The United Nations says it is losing tolerance for South Sudan’s human
rights record, and warns that the growing threats to the security of its
staff are obstructing its work. The body’s current mandate in South
Sudan, described in its budget
as “political transition” and “extension of state authority,” is
completely different from what it was during Sudan’s civil war.
The South Sudanese are “looking for a mission that would protect them
from enemies,” according to the United Nations’ peacekeeping chief in
South Sudan, Hilde F. Johnson.
It is not unprecedented for the United Nations to clash with local
residents and officials. In the Democratic Republic of Congo, residents
have hurled stones at United Nations convoys, accusing the body of
incompetence. In Haiti, civilians have attacked peacekeepers over fears
that they brought disease and did not do enough to improve the country.
In Kashmir, where a United Nations mission has been operating for more
than 50 years, politicians have asked the peacekeepers to leave.

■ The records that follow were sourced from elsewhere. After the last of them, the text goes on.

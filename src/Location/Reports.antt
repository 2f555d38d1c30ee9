-- ===== src/Location/Reports.antt =====
-- Which errors `source_for_url` of src/vmdk_reader.rs ends with, and the paths that they carry.
use vmdk_rs.Base.{
  ℕ, ◌≡◌, ◌≢◌, refl, ap, [], Option, none, some, ◌==◌, if◌then◌else◌, ◌⊎◌, inl, inr, Bool-cases,
}
use vmdk_rs.Base.Outcome.{
  Outcome, ok, err, bind_err, map_err, map_err_err, map_err_ok, ok_injective,
}
use vmdk_rs.Text.{Text, codes, text_eq}
use vmdk_rs.Io.{IoError, ℤ, pos, negsuc}
use vmdk_rs.Errors.{OpenError, of_io, with_path, io_error, bad_path, unsupported_scheme}
use vmdk_rs.Location.{
  Platform, file_path, open_file, host_or_bad, open_object, source_for_url, content_length,
  unwrapped,
}

unwrapped-ne-err : (o : Option ℤ) (e : OpenError) → unwrapped o ≢ err e
unwrapped-ne-err none e h = cc
unwrapped-ne-err (some (pos n)) e h = cc
unwrapped-ne-err (some (negsuc k)) e h = cc

content_length-ne-err : (h : Option ℤ × ℕ) (e : OpenError) → content_length h ≢ err e
unfolding content_length
content_length-ne-err (o, code) e f = elim (Bool-cases (code == 200)) [
  | inl h ↦ unwrapped-ne-err o e (rw h at f)
  | inr h ↦ let g = rw h at f in cc g
]

host_or_bad_err :
    (url : Text) (o : Option Text) (e : OpenError)
    → host_or_bad url o ≡ err e
    → (o ≡ none) × (e ≡ record { path = []; kind = bad_path url })
host_or_bad_err url none e h = (refl, cc)
host_or_bad_err url (some n) e h = cc

host_or_bad_ok : (url name : Text) (o : Option Text) → host_or_bad url o ≡ ok name → o ≡ some name
host_or_bad_ok url name none h = cc
host_or_bad_ok url name (some n) h = ap some (ok_injective {E = OpenError} n name h)

module _ (platform : Platform) where
  open platform use {Url, Bucket, scheme, as_text, path, host_str, file_len, bucket, head_object}

  -- The call `x` has failed, and `e` is its error, reported for the path `at`.
  abbrev pub FailedAt : {A : Type 0} → Outcome IoError A → Text → OpenError → Type 0
  FailedAt x at e = (o : IoError) × (x ≡ err o) × (e ≡ record { path = at; kind = io_error o })

  open_file-FailedAt :
      (url : Url) (e : OpenError)
      → open_file platform url ≡ err e
      → FailedAt (file_len (file_path platform url)) (file_path platform url) e
  unfolding open_file
  open_file-FailedAt url e h =
      let at = λ (o : IoError). with_path (file_path platform url) (of_io o) in
      elim (bind_err (map_err at (file_len (file_path platform url))) _ e h) [
        | inl f ↦ map_err_err at (file_len (file_path platform url)) e f
        | inr (len, _, f) ↦ absurd (cc f)
      ]

  -- What went wrong with an s3 URL: it has no host, its bucket, or the request for the object.
  abbrev pub Unavailable : Url → OpenError → Type 0
  Unavailable url e =
      ((host_str url ≡ none) × (e ≡ record { path = []; kind = bad_path (as_text url) }))
      ⊎ ((name : Text) × (host_str url ≡ some name)
          × (FailedAt (bucket name) (as_text url) e
              ⊎ ((b : Bucket) × (bucket name ≡ ok b)
                  × FailedAt (head_object b (path url)) (as_text url) e)))

  open_object-Unavailable :
      (url : Url) (e : OpenError) → open_object platform url ≡ err e → Unavailable url e
  unfolding open_object
  open_object-Unavailable url e h =
      let at = λ (o : IoError). with_path (as_text url) (of_io o) in
      elim (bind_err (host_or_bad (as_text url) (host_str url)) _ e h) [
        | inl f ↦ inl (host_or_bad_err (as_text url) (host_str url) e f)
        | inr (name, n, h1) ↦
            let there = host_or_bad_ok (as_text url) name (host_str url) n in
            elim (bind_err (map_err at (bucket name)) _ e h1) [
              | inl f ↦ inr (name, there, inl (map_err_err at (bucket name) e f))
              | inr (b, m, h2) ↦
                  let made = map_err_ok at (bucket name) b m in
                  elim (bind_err (map_err at (head_object b (path url))) _ e h2) [
                    | inl f ↦
                        inr (
                          name,
                          there,
                          inr (b, made, map_err_err at (head_object b (path url)) e f),
                        )
                    | inr (head, _, h3) ↦ elim (bind_err (content_length head) _ e h3) [
                      | inl f ↦ absurd (content_length-ne-err head e f)
                      | inr (len, _, f) ↦ absurd (cc f)
                    ]
                  ]
            ]
      ]

  -- Which error, by the scheme of the URL.
  abbrev pub Reports : Url → OpenError → Type 0
  Reports url e =
      if text_eq (scheme url) (codes "file")
      then FailedAt (file_len (file_path platform url)) (file_path platform url) e
      else if text_eq (scheme url) (codes "s3")
      then Unavailable url e
      else e ≡ record { path = []; kind = unsupported_scheme (as_text url) }

  -- Where `source_for_url` fails: for a file URL the length of the file could not be had, and the error is
  -- that one, with the path of the file; for an s3 URL without a host it is a `BadPath` whose path is left
  -- empty, and for one with a host it is the error of the bucket, or of the request for the object in it,
  -- with the URL as its path; and for every other scheme it is an `UnsupportedScheme` whose path is left
  -- empty.
  pub source_for_url-Reports :
      (url : Url) (e : OpenError) → source_for_url platform url ≡ err e → Reports url e
  unfolding source_for_url
  source_for_url-Reports url e h = elim (Bool-cases (text_eq (scheme url) (codes "file"))) [
    | inl f ↦ rw f (open_file-FailedAt url e (rw f at h))
    | inr f ↦ elim (Bool-cases (text_eq (scheme url) (codes "s3"))) [
      | inl k ↦ rw (f, k) (open_object-Unavailable url e (rw (f, k) at h))
      | inr k ↦ rw (f, k) (let g = rw (f, k) at h in cc g)
    ]
  ]
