-- ===== src/Open/Platform.antt =====
-- `VmdkReader::open` of src/vmdk_reader.rs as a whole, from a path or a URL to a reader.
pub mod Flat
use vmdk_rs.Base.{ℕ, List, Option, none, some}
use vmdk_rs.Base.Outcome.{Outcome, ok, err, ◌>>=◌, map_err}
use vmdk_rs.Crates.{ByteOrder}
use vmdk_rs.Text.{Text}
use vmdk_rs.Io.{IoError, Cache}
use vmdk_rs.Errors.{OpenError, of_kind, bad_path}
use vmdk_rs.Foyer.{HybridCache}
use vmdk_rs.Foyer.Setup.{Builder, History, set_up, foyer_cache}
use vmdk_rs.Location.{Platform, path_or_url_to_url, host_on}
use vmdk_rs.Reader.{VmdkReader}
use vmdk_rs.Open.{open_url}

-- `.ok_or(OpenErrorKind::BadPath(image_path.as_ref().into()))?`
abbrev pub url_or_bad : {Url : Type 0} → Text → Option Url → Outcome OpenError Url
url_or_bad path none = err (of_kind (bad_path path))
url_or_bad path (some url) = ok url

module _ (platform : Platform) (foyer : HybridCache) (builder : Builder foyer)
    (runtime : Outcome IoError (Unit {0})) (order : ByteOrder) (captures : Text → Option Text) where
  -- `VmdkReader::open`: the reader, and its cache. `opening` is what the cache holds at the reads of `open`,
  -- and `later` at those of the reader.
  unfoldable pub open_image :
      History foyer builder
      → History foyer builder
      → ℕ
      → ℕ
      → Text
      → Outcome OpenError (VmdkReader × Cache)
  open_image opening later steps fuel image_path = do
    url ← url_or_bad image_path (path_or_url_to_url platform image_path)
    c ← map_err of_kind (set_up foyer builder runtime (platform.scheme url))
    (v, sources) ←
        open_url (host_on platform (foyer_cache foyer builder c opening)) order captures steps fuel
          url c.sources
    ok (v, foyer_cache foyer builder c later sources)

Despite the tense relationship in South Sudan, officials on both sides
are trying to continue forward. South Sudan’s minister of information
insists that relations remain smooth. Ms. Johnson said that risk was
something peacekeeping missions “have to live with,” but that there had
been “incidents we didn’t expect.”
The peacekeeping presence in South Sudan is older than the republic
itself, which Ms. Johnson once referred to as “still a toddler by every
measure,” and has been acutely intertwined with the history of the
nation’s birth.
Within months of independence, the relationship between the government
and the United Nations was put to the test. First, South Sudan shut down
oil production, then accounting for roughly 99 percent of national
income, over a disagreement with Sudan. Then South Sudan’s army invaded
Sudanese oil fields, which they claimed were in disputed territory.

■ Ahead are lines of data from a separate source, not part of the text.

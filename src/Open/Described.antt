-- ===== src/Open/Described.antt =====
-- How `handle_image` of src/vmdk_reader.rs tells a descriptor file, and reads it.
use vmdk_rs.Base.{
  nat_eq, ℕ, ◌≤◌, ◌<◌, ◌≡◌, refl, ap, sym, ◌∙◌, ◌∷◌, ◌++◌, none, length, length-tabulate, take,
  tabulate, take-tabulate, arith,
}
use vmdk_rs.Base.Outcome.{ok}
use vmdk_rs.Text.{Text, text_eq, trim_end, is_whitespace}
use vmdk_rs.Crates.{ByteOrder}
use vmdk_rs.Io.{Cache, CacheReadSeek}
use vmdk_rs.Io.Exact.{Serves, at, read_exact_ok, seek_ok}
use vmdk_rs.Descriptor.{marker}
use vmdk_rs.Descriptor.File.{read_descriptor_file-classify}
use vmdk_rs.Header.{check_signature}
use vmdk_rs.Open.{read_descriptor}
use vmdk_rs.Descriptor.Lines.{split_lines, classify}
use vmdk_rs.Metadata.{signature_to_file_type, starts_with}

-- A text whose first line is the marker of a descriptor.
abbrev pub after_marker : Text → Text
after_marker rest = marker ++ b'\n' ∷ rest

classify-after_marker :
    (whole rest : Text) → classify whole (split_lines (after_marker rest)) ≡ ok whole
unfolding classify split_lines trim_end text_eq is_whitespace
classify-after_marker whole rest = refl

signature-after_marker : (rest : Text) → signature_to_file_type (take 8 (after_marker rest)) ≡ none
unfolding signature_to_file_type starts_with
signature-after_marker rest = refl

-- A descriptor of ASCII bytes at source 0, behind its marker.
module _ (cache : Cache) (order : ByteOrder) (byte : ℕ → ℕ) (len : ℕ)
    (serves : Serves cache 0 byte len) (ascii : (i : ℕ) → i < len → byte i < 128) (rest : Text)
    (text : tabulate byte 0 len ≡ after_marker rest) where
  abbrev pub here : ℕ → CacheReadSeek
  here = at cache 0 byte len serves

  long_enough : 8 ≤ len
  long_enough = omega (arith, ap length text, length-tabulate byte 0 len)

  signature : signature_to_file_type (tabulate byte 0 8) ≡ none
  signature =
      ap signature_to_file_type (sym (take-tabulate byte 0 len 8 long_enough) ∙ ap (take 8) text)
      ∙ signature-after_marker rest

  pub check_signature-descriptor : check_signature cache order (here 0) ≡ ok (none, here 8)
  unfolding check_signature
  check_signature-descriptor =
      rw (read_exact_ok cache 0 byte len serves 0 8 long_enough) (rw signature refl)

  pub read_descriptor-file :
      (steps : ℕ)
      → len < steps
      → read_descriptor cache order steps none (here 8) ≡ ok (tabulate byte 0 len)
  unfolding read_descriptor
  read_descriptor-file steps h = rw (seek_ok cache 0 byte len serves 8 0 (omega arith)) (
      read_descriptor_file-classify cache 0 byte len serves ascii steps h
      ∙ ap (λ t. classify (tabulate byte 0 len) (split_lines t)) text
      ∙ classify-after_marker (tabulate byte 0 len) rest)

Rather than receiving the support they had become accustomed to, South
Sudanese forces got a strongly worded demand from the United Nations
mission to withdraw. One private consultant with South Sudan’s
government called it a moment of reckoning for South Sudan. The
relationship has been slowly deteriorating ever since.
By June 2012, when the mission’s mandate was up for renewal, Vice President Riek Machar wrote to the United Nations requesting that the mission be downgraded, calling the mandate “no longer appropriate.”
That same month the United Nations published a report claiming that
South Sudan’s military had committed widespread abuses in Jonglei in an
effort to disarm civilians there. The government in Juba condemned the
report as one-sided. In November, a human rights officer researching
atrocities in Jonglei was expelled from the country.
The attack on the United Nations helicopter in December “rendered aerial
reconnaissance for early warning purposes impossible,” the office of
the secretary general warned in a report in March, and “restricted the capacity to react to incidents in a timely manner.”